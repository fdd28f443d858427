-- ===== src/AsyncOps/Pool/Tests.antt =====
-- AsyncOps.cpp: runs of a pool, and the theorems at their states.
use iacore.Base.{◌+◌, ◌*◌, ◌≤◌, ◌<◌, ◌≡◌, refl, true, false, ◌⊎◌, [], ◌∷◌, arith}
use iacore.AsyncOps.{
  high, ScheduledTask, idle, take_task, take_from, count_task, put_task, start_count, worker_ids,
}
use iacore.AsyncOps.Pool.{
  Place, at_head, locking, deciding, asleep, size, total, holds, unstopped, test_stop,
  found_nothing, Pool, stopping, joining, returned, Works, tests_stop, finds_nothing, terminates,
  PoolReachable, starts, works_on, called, at_place, initialize_scheduler, start_workers,
  get_worker_count, move, notify_all, counts_task, puts_task, not_called,
}
use iacore.AsyncOps.Pool.Counts.{queued}
use iacore.AsyncOps.Pool.Wake.{attending, queued-attended}
use iacore.AsyncOps.Pool.Shutdown.{stays, working}
use iacore.AsyncOps.Pool.Dropped.{notified-ends}
use iacore.AsyncOps.Pool.Lost.{notified, notified-unwoken}

abbrev job : ScheduledTask
job = record { tag = 5; schedule_handle = 3; task = 0 }

-- One worker that has found nothing, while somebody calls `terminate_scheduler`.
abbrev one_at : Place → Pool
one_at place = record {
  scheduler = idle;
  workers = at_place place false ∷ [];
  unsent = 0;
  closer = not_called;
}

abbrev deciding_while_closing : Pool
deciding_while_closing = record (one_at deciding) { closer = stopping }

one_at_head : initialize_scheduler 1 8 ≡ one_at at_head
unfolding initialize_scheduler start_workers start_count worker_ids at_place
one_at_head = refl

one_at_head-Reachable : PoolReachable (one_at at_head)
unfolding initialize_scheduler start_workers start_count worker_ids at_place
one_at_head-Reachable = starts 1 8 (omega arith)

one_at_locking-Reachable : PoolReachable (one_at locking)
unfolding move test_stop
one_at_locking-Reachable = works_on one_at_head-Reachable (tests_stop [] [] false refl)

deciding_while_closing-Reachable : PoolReachable deciding_while_closing
unfolding move found_nothing total holds take_task take_from at_place
deciding_while_closing-Reachable =
    called (works_on one_at_locking-Reachable (finds_nothing [] [] false refl refl refl))
      (terminates refl)

notified-unwoken_example :
    PoolReachable (notified deciding_while_closing)
    × ((notified deciding_while_closing).closer ≡ joining)
unfolding total holds at_place
notified-unwoken_example =
    notified-unwoken deciding_while_closing deciding_while_closing-Reachable refl (omega arith)
      stays

-- A task is in the queue, and the notification is not sent yet.
abbrev with_task : Pool
with_task = record (one_at locking) {
  scheduler = put_task high job (record (count_task high job idle) { counted = [] });
  unsent = 1;
}

with_task-Reachable : PoolReachable with_task
unfolding total holds at_place size count_task
with_task-Reachable =
    called (called one_at_locking-Reachable (counts_task high job (omega arith)))
      (puts_task [] [] high job refl refl)

queued-attended_example : 0 < with_task.unsent + attending with_task.workers
unfolding queued put_task count_task
queued-attended_example = queued-attended with_task-Reachable refl (omega arith)

-- Two workers that have been asked to stop: one sleeps, and one is at the head of its loop.
abbrev two_stopped : Pool
two_stopped = record {
  scheduler = idle;
  workers = at_place asleep true ∷ at_place at_head true ∷ [];
  unsent = 0;
  closer = stopping;
}

abbrev two_notified : Pool
two_notified = record two_stopped { workers = notify_all two_stopped.workers; closer = joining }

notified-ends_example :
    (0 ≤ 3 * size two_stopped.workers + 1)
    × (((two_notified.closer ≡ returned) × (two_notified.workers ≡ []))
        ⊎ (((p'' : Pool) × Works two_notified p'') ⊎ (0 < working two_notified.workers)))
    × (queued two_stopped.scheduler ≤ queued two_notified.scheduler + size two_stopped.workers)
unfolding total holds unstopped at_place
notified-ends_example = notified-ends two_stopped refl refl stays

get_worker_count_test : get_worker_count (initialize_scheduler 7 8) ≡ 7
unfolding get_worker_count initialize_scheduler start_workers start_count worker_ids size
get_worker_count_test = refl
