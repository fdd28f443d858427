-- ===== src/AsyncOps/Tests.antt =====
-- AsyncOps.cpp: a run of the scheduler, and the theorems at its states.
use iacore.Base.{◌≡◌, refl, false, [], ◌∷◌, arith}
use iacore.AsyncOps.{
  high, ScheduledTask, Scheduler, idle, fetch_add, fetch_sub, count_task, put_task, worker_round,
  wait_round, finish_task, is_positive, counts, puts, works, finishes, Reachable, start, next,
}
use iacore.AsyncOps.Counters.{
  tasks_of, counted_of, pending, IsCounted, Reachable-IsCounted, wait_round_complete,
}

-- One task of the schedule 3.
abbrev job : ScheduledTask
job = record { tag = 5; schedule_handle = 3; task = 0 }

abbrev counted_once : Scheduler
counted_once = count_task high job idle

abbrev queued : Scheduler
queued = put_task high job (record counted_once { counted = [] })

abbrev busy : Scheduler
busy = record queued { high_priority_queue = []; running = job ∷ [] }

abbrev done : Scheduler
done = finish_task job [] busy

queued-Reachable : Reachable queued
unfolding count_task
queued-Reachable = next (next start (counts high job)) (puts [] [] high job refl)

busy-Reachable : Reachable busy
unfolding worker_round count_task put_task
busy-Reachable = next queued-Reachable (works false false refl)

done-Reachable : Reachable done
unfolding count_task put_task
done-Reachable = next busy-Reachable (finishes [] [] job refl)

Reachable-IsCounted_example : IsCounted 3 busy
Reachable-IsCounted_example = Reachable-IsCounted 3 busy-Reachable

wait_round_complete_example : pending 3 done ≡ 0
unfolding pending tasks_of counted_of wait_round is_positive count_task put_task finish_task
    fetch_add fetch_sub
wait_round_complete_example = wait_round_complete 3 done done-Reachable (omega arith) refl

[Exercise requirements]: Each line of the material above must be reproduced exactly.

[Written solution]:
repository fdd28f443d858427
-- ===== src/AsyncOps/Pool/Tests.antt =====
-- AsyncOps.cpp: runs of a pool, and the theorems at their states.
use iacore.Base.{◌+◌, ◌*◌, ◌≤◌, ◌<◌, ◌≡◌, refl, true, false, ◌⊎◌, [], ◌∷◌, arith}
use iacore.AsyncOps.{
  high, ScheduledTask, idle, take_task, take_from, count_task, put_task, start_count, worker_ids,
}
use iacore.AsyncOps.Pool.{
  Place, at_head, locking, deciding, asleep, size, total, holds, unstopped, test_stop,
  found_nothing, Pool, stopping, joining, returned, Works, tests_stop, finds_nothing, terminates,
  PoolReachable, starts, works_on, called, at_place, initialize_scheduler, start_workers,
  get_worker_count, move, notify_all, counts_task, puts_task, not_called,
}
use iacore.AsyncOps.Pool.Counts.{queued}
use iacore.AsyncOps.Pool.Wake.{attending, queued-attended}
use iacore.AsyncOps.Pool.Shutdown.{stays, working}
use iacore.AsyncOps.Pool.Dropped.{notified-ends}
use iacore.AsyncOps.Pool.Lost.{notified, notified-unwoken}

abbrev job : ScheduledTask
job = record { tag = 5; schedule_handle = 3; task = 0 }

-- One worker that has found nothing, while somebody calls `terminate_scheduler`.
abbrev one_at : Place → Pool
one_at place = record {
  scheduler = idle;
  workers = at_place place false ∷ [];
  unsent = 0;
  closer = not_called;
}

abbrev deciding_while_closing : Pool
deciding_while_closing = record (one_at deciding) { closer = stopping }

one_at_head : initialize_scheduler 1 8 ≡ one_at at_head
unfolding initialize_scheduler start_workers start_count worker_ids at_place
one_at_head = refl

one_at_head-Reachable : PoolReachable (one_at at_head)
unfolding initialize_scheduler start_workers start_count worker_ids at_place
one_at_head-Reachable = starts 1 8 (omega arith)

one_at_locking-Reachable : PoolReachable (one_at locking)
unfolding move test_stop
one_at_locking-Reachable = works_on one_at_head-Reachable (tests_stop [] [] false refl)

deciding_while_closing-Reachable : PoolReachable deciding_while_closing
unfolding move found_nothing total holds take_task take_from at_place
deciding_while_closing-Reachable =
    called (works_on one_at_locking-Reachable (finds_nothing [] [] false refl refl refl))
      (terminates refl)

notified-unwoken_example :
    PoolReachable (notified deciding_while_closing)
    × ((notified deciding_while_closing).closer ≡ joining)
unfolding total holds at_place
notified-unwoken_example =
    notified-unwoken deciding_while_closing deciding_while_closing-Reachable refl (omega arith)
      stays

-- A task is in the queue, and the notification is not sent yet.
abbrev with_task : Pool
with_task = record (one_at locking) {
  scheduler = put_task high job (record (count_task high job idle) { counted = [] });
  unsent = 1;
}

with_task-Reachable : PoolReachable with_task
unfolding total holds at_place size count_task
with_task-Reachable =
    called (called one_at_locking-Reachable (counts_task high job (omega arith)))
      (puts_task [] [] high job refl refl)

queued-attended_example : 0 < with_task.unsent + attending with_task.workers
unfolding queued put_task count_task
queued-attended_example = queued-attended with_task-Reachable refl (omega arith)

-- Two workers that have been asked to stop: one sleeps, and one is at the head of its loop.
abbrev two_stopped : Pool
two_stopped = record {
  scheduler = idle;
  workers = at_place asleep true ∷ at_place at_head true ∷ [];
  unsent = 0;
  closer = stopping;
}

abbrev two_notified : Pool
two_notified = record two_stopped { workers = notify_all two_stopped.workers; closer = joining }

notified-ends_example :
    (0 ≤ 3 * size two_stopped.workers + 1)
    × (((two_notified.closer ≡ returned) × (two_notified.workers ≡ []))
        ⊎ (((p'' : Pool) × Works two_notified p'') ⊎ (0 < working two_notified.workers)))
    × (queued two_stopped.scheduler ≤ queued two_notified.scheduler + size two_stopped.workers)
unfolding total holds unstopped at_place
notified-ends_example = notified-ends two_stopped refl refl stays

get_worker_count_test : get_worker_count (initialize_scheduler 7 8) ≡ 7
unfolding get_worker_count initialize_scheduler start_workers start_count worker_ids size
get_worker_count_test = refl
repository fdd28f443d858427
-- ===== src/AsyncOps/Tests.antt =====
-- AsyncOps.cpp: a run of the scheduler, and the theorems at its states.
use iacore.Base.{◌≡◌, refl, false, [], ◌∷◌, arith}
use iacore.AsyncOps.{
  high, ScheduledTask, Scheduler, idle, fetch_add, fetch_sub, count_task, put_task, worker_round,
  wait_round, finish_task, is_positive, counts, puts, works, finishes, Reachable, start, next,
}
use iacore.AsyncOps.Counters.{
  tasks_of, counted_of, pending, IsCounted, Reachable-IsCounted, wait_round_complete,
}

-- One task of the schedule 3.
abbrev job : ScheduledTask
job = record { tag = 5; schedule_handle = 3; task = 0 }

abbrev counted_once : Scheduler
counted_once = count_task high job idle

abbrev queued : Scheduler
queued = put_task high job (record counted_once { counted = [] })

abbrev busy : Scheduler
busy = record queued { high_priority_queue = []; running = job ∷ [] }

abbrev done : Scheduler
done = finish_task job [] busy

queued-Reachable : Reachable queued
unfolding count_task
queued-Reachable = next (next start (counts high job)) (puts [] [] high job refl)

busy-Reachable : Reachable busy
unfolding worker_round count_task put_task
busy-Reachable = next queued-Reachable (works false false refl)

done-Reachable : Reachable done
unfolding count_task put_task
done-Reachable = next busy-Reachable (finishes [] [] job refl)

Reachable-IsCounted_example : IsCounted 3 busy
Reachable-IsCounted_example = Reachable-IsCounted 3 busy-Reachable

wait_round_complete_example : pending 3 done ≡ 0
unfolding pending tasks_of counted_of wait_round is_positive count_task put_task finish_task
    fetch_add fetch_sub
wait_round_complete_example = wait_round_complete 3 done done-Reachable (omega arith) refl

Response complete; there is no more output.